Why is the scheme to be cancelled “from” 2013, when it should have been cancelled when Trisha Greenhalgh and her team produced their report in May 2010?
Shouldn’t ministers have some control – especially given that we are supposed to be in an age of public sector austerity? Ian Watmore, Permanent Secretary at the Cabinet Office and former Government CIO, has said that failing projects are continued for too long. He said that in 2009. So isn’t it time ministers and particularly civil servants applied the principle of ‘fail early, fail cheaply‘?
In 2010 ComputerworldUK had an account of how Healthspace was being kept alive unnecessarily.
You answered the question here “provided unneeded work for consultants based at Connecting for Health, software developers, civil servants, and IT suppliers, at a cost of tens of millions of pounds,” Turkeys and Christmas….and poor leadership….? Unbelievable with country in poor economic health?

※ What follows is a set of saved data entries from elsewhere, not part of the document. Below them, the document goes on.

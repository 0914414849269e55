-- ===== src/Strategies/Interaction/Steps.antt =====
-- strategy_interaction.py: the steps of the guided draft, from its creation to the saved strategy.
use china_a_share.Prelude.{
  ◌≡◌, refl, sym, ap, inl, inr, true, false, not, ◌||◌, Option, none, some, Text, text_beq_iff,
  List, All, is_nil, text_eq, ==_refl, Result, arith, Satisfies-any, Bool-cases,
}
use china_a_share.Floats.{Float}
use china_a_share.Cache.Record.{Instant}
use china_a_share.Strategies.Models.{
  SignalDirection, awaiting_name, awaiting_direction, awaiting_rules, ready, Rule,
  CompiledStrategyRule, StrategyDraft, is_some,
}
use china_a_share.Strategies.RuleSpec.Checked.{IsBounded}
use china_a_share.Strategies.Store.{MemoryStore}
use china_a_share.Strategies.Desk.{Act}
use china_a_share.Strategies.Acts.{Keeps}
use china_a_share.Strategies.Acts.Keeping.{Keeps-bind, Keeps-answer, Keeps-attempt, Keeps-if}
use china_a_share.Strategies.Desk.Entries.{Possibly}
use china_a_share.Strategies.Interaction.{
  Notice, DraftError, Reply, text_of, state_eq, parse_direction, latest_draft, found, store_draft,
  show_draft, RuleCompileResult,
}
use china_a_share.Strategies.Interaction.Editing.{
  create_draft, apply_name, with_direction, apply_direction, store_rules, store_compiled_rule,
  compiled_or_issue, compile_or_suggest, save_draft, new_draft, strategy_of,
}
use china_a_share.Strategies.Interaction.Sound.{IsDraft, IsStrategy, IsDesk, is_named}
use china_a_share.Strategies.Interaction.Kept.{
  find_draft-Keeps, all_drafts-Keeps, save_draft_of-Keeps, drop_draft-Keeps, save_strategy-Keeps,
}
use china_a_share.Strategies.Interaction.Stepped.{
  IsDraft-IsStep, latest_in-IsDraft, strategy_config-Satisfies, strategy_draft-Satisfies,
}
use mathlib.Core.Path.{subst}

module _ {F S : Type 0} ⦃f : Float F⦄ (before : MemoryStore F S) (me : Text) where
  -- An act that keeps the desk.
  abbrev pub Safe : {A : Type 0} → Act F S A → Type 0
  Safe act = Keeps (IsDesk before me) (λ _. Unit {0}) act

  pub found-Safe :
      {A : Type 0} {P : A → Type 0} (v : Option A) (notice : Notice)
      (next : A → Act F S (Reply F S))
      → Possibly P v
      → ((a : A) → P a → Safe (next a))
      → Safe (found v notice next)
  found-Safe none notice next h g = Keeps-answer tt
  found-Safe (some a) notice next h g = g a h

  pub latest_draft-Keeps : Keeps (IsDesk before me) (Possibly (IsDraft me)) (latest_draft me)
  unfolding latest_draft
  latest_draft-Keeps =
      Keeps-bind (all_drafts-Keeps before me) λ ds h. Keeps-attempt (latest_in-IsDraft me ds h)

  store_draft-Safe :
      (now : Instant) (d : StrategyDraft F S) → IsDraft me d → Safe (store_draft now d me)
  store_draft-Safe now d h =
      Keeps-bind (save_draft_of-Keeps before me d h) λ _ _. Keeps-attempt (Satisfies-any _)

  pub show_draft-Safe :
      (now : Instant) (d : StrategyDraft F S) (e : DraftError) → Safe (show_draft now d e)
  show_draft-Safe now d e = Keeps-attempt (Satisfies-any _)

  pub apply_name-Safe :
      (now : Instant) (name : Text) → is_nil name ≡ false → Safe (apply_name now me name)
  unfolding apply_name
  apply_name-Safe now name named = Keeps-bind latest_draft-Keeps λ v h. found-Safe v _ _ h λ d k.
      Keeps-if (state_eq d.state awaiting_name)
        (λ e. store_draft-Safe now _ (
          let (_, directed, ruled, compiled) = IsDraft-IsStep awaiting_name me d k e in
          record {
            owned = k.owned;
            chat = k.chat;
            step = (ap not named, directed, ruled, compiled);
          }))
        (λ _. show_draft-Safe now d _)

  with_direction-Safe :
      (v : Option SignalDirection) (now : Instant) (d : StrategyDraft F S)
      → IsDraft me d
      → state_eq d.state awaiting_direction ≡ true
      → Safe (with_direction v now d me)
  with_direction-Safe none now d k e = show_draft-Safe now d _
  with_direction-Safe (some direction) now d k e = store_draft-Safe now _ (
      let (named, _, ruled, compiled) = IsDraft-IsStep awaiting_direction me d k e in
      record { owned = k.owned; chat = k.chat; step = (named, refl, ruled, compiled) })

  pub apply_direction-Safe :
      (now : Instant) (id direction : Text) → Safe (apply_direction now me id direction)
  unfolding apply_direction
  apply_direction-Safe now id direction = Keeps-bind (find_draft-Keeps before me id) λ v h.
      found-Safe v _ _ h λ d k.
        Keeps-if (state_eq d.state awaiting_direction)
          (λ e. with_direction-Safe (parse_direction direction) now d k e)
          (λ _. show_draft-Safe now d _)

  -- The draft's own owner is the one who sent the rules.
  store_own-Safe :
      (now : Instant) (d e : StrategyDraft F S)
      → IsDraft me d
      → IsDraft me e
      → Safe (store_draft now e d.owner_open_id)
  store_own-Safe now d e h k =
      subst (λ o. Safe (store_draft now e o)) (sym ((text_beq_iff d.owner_open_id me).0 h.owned))
        (store_draft-Safe now e k)

  abbrev pub IsEditable : StrategyDraft F S → Type 0
  IsEditable d = (is_named d.name ≡ true) × (is_some d.direction ≡ true)

  pub store_rules-Safe :
      (now : Instant) (d : StrategyDraft F S) (rules : List (Rule F))
      → IsDraft me d
      → IsEditable d
      → is_nil rules ≡ false
      → All IsBounded rules
      → Safe (store_rules now d rules)
  unfolding store_rules
  store_rules-Safe now d rules h (named, directed) some_rule bounded =
      store_own-Safe now d _ h (record {
        owned = h.owned;
        chat = h.chat;
        step = (named, directed, rw some_rule refl, bounded);
      })

  store_compiled_rule-Safe :
      (now : Instant) (d : StrategyDraft F S) (c : CompiledStrategyRule S)
      → IsDraft me d
      → IsEditable d
      → Safe (store_compiled_rule now d c)
  unfolding store_compiled_rule
  store_compiled_rule-Safe now d c h (named, directed) =
      store_own-Safe now d _ h
        (record { owned = h.owned; chat = h.chat; step = (named, directed, refl, tt) })

  compiled_or_issue-Safe :
      (v : Option (CompiledStrategyRule S)) (r : Option (RuleCompileResult S)) (now : Instant)
      (d : StrategyDraft F S) (spec : Text)
      → IsDraft me d
      → IsEditable d
      → Safe (compiled_or_issue v r now d spec)
  compiled_or_issue-Safe none r now d spec h e = Keeps-answer tt
  compiled_or_issue-Safe (some c) r now d spec h e = store_compiled_rule-Safe now d c h e

  pub compile_or_suggest-Safe :
      (compiler : Option (Text → Result (Option (RuleCompileResult S)))) (now : Instant)
      (d : StrategyDraft F S) (spec : Text)
      → IsDraft me d
      → IsEditable d
      → Safe (compile_or_suggest compiler now d spec)
  unfolding compile_or_suggest
  compile_or_suggest-Safe compiler now d spec h e = compiled_or_issue-Safe _ _ now d spec h e

  pub editable :
      (d : StrategyDraft F S)
      → IsDraft me d
      → state_eq d.state awaiting_rules || state_eq d.state ready ≡ true
      → IsEditable d
  editable d h e = elim (Bool-cases (state_eq d.state awaiting_rules)) [
    | inl t ↦
        let (named, directed, _, _) = IsDraft-IsStep awaiting_rules me d h t in (named, directed)
    | inr t ↦
        let (named, directed, _, _) = IsDraft-IsStep ready me d h (rw t at e) in (named, directed)
  ]

  new_draft-IsDraft :
      (now : Instant) (new_id chat : Text) (name : Option Text)
      → is_nil chat ≡ false
      → (is_some name ≡ true → is_named name ≡ true)
      → IsDraft {F = F} {S = S} me (new_draft now new_id me chat name)
  new_draft-IsDraft now new_id chat none c named = record {
    owned = ==_refl me;
    chat = c;
    step = (refl, refl, refl, refl);
  }
  new_draft-IsDraft now new_id chat (some s) c named = record {
    owned = ==_refl me;
    chat = c;
    step = (named refl, refl, refl, refl);
  }

  pub create_draft-Safe :
      (now : Instant) (new_id chat : Text) (name : Option Text)
      → (is_some name ≡ true → is_named name ≡ true)
      → Safe (create_draft now new_id me chat name)
  unfolding create_draft
  create_draft-Safe now new_id chat name named =
      Keeps-if (is_nil chat) (λ _. Keeps-answer tt)
        λ some_chat.
          Keeps-bind
            (Keeps-attempt (
              strategy_draft-Satisfies (IsDraft {F = F} {S = S} me)
                (new_draft now new_id me chat name)
                (new_draft-IsDraft now new_id chat name some_chat named)))
            λ d h. store_draft-Safe now d h

  strategy_of-IsStrategy :
      (now : Instant) (new_id : Text) (d : StrategyDraft F S)
      → IsDraft me d
      → not (state_eq d.state ready) || is_nil (text_of d.name) || not (is_some d.direction) ≡ false
      → is_nil d.chat_id ≡ false
      → IsStrategy me (strategy_of now new_id me d)
  strategy_of-IsStrategy now new_id d k e chat =
      let (named, _, source, bounded) = IsDraft-IsStep ready me d k (ground arith) in
      record {
        owned = ==_refl me;
        named = ground arith;
        chat = chat;
        source = source;
        bounded = bounded;
      }

  pub save_draft-Safe :
      (now : Instant) (new_id draft_id : Text) → Safe (save_draft now new_id me draft_id)
  unfolding save_draft
  save_draft-Safe now new_id draft_id = Keeps-bind (find_draft-Keeps before me draft_id) λ v h.
      found-Safe v _ _ h λ d k.
        Keeps-if
          (not (state_eq d.state ready) || is_nil (text_of d.name) || not (is_some d.direction))
          (λ _. show_draft-Safe now d _)
          (λ e.
            Keeps-if (is_nil d.chat_id) (λ _. show_draft-Safe now d _)
              (λ chat.
                Keeps-bind
                  (Keeps-attempt (
                    strategy_config-Satisfies (IsStrategy me) (strategy_of now new_id me d)
                      (strategy_of-IsStrategy now new_id d k e chat)))
                  λ s r.
                    Keeps-bind (save_strategy-Keeps before me s r) λ _ _.
                      Keeps-bind (drop_draft-Keeps before me draft_id) λ _ _. Keeps-answer tt))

Back in the old days, before CfH NPfIT and the consultant feeding frenzy IT projects use go through a process which started with a feasibility study. It seems that in this case it was never done and if it was, it was probably ignored or the focus was in the wrong place i.e. we can build it but will anybody want it. The E2.0 boom / bandwagon was jumped on as the consultant feeding frenzy began (maybe consultants should be held accountable for their advice? They are after all being paid for failures – sound familiar?). How many members of the public have ever requested their medical records. I am an informed user, I have worked in the NHS from both a clinical and IT perspective and I have never even thought of asking about my medical records, I have no need to nor desire to in normal day to day life. In the event of an issue that might change but the mechanisms already exist to facilitate that request, I certainly would not it available online.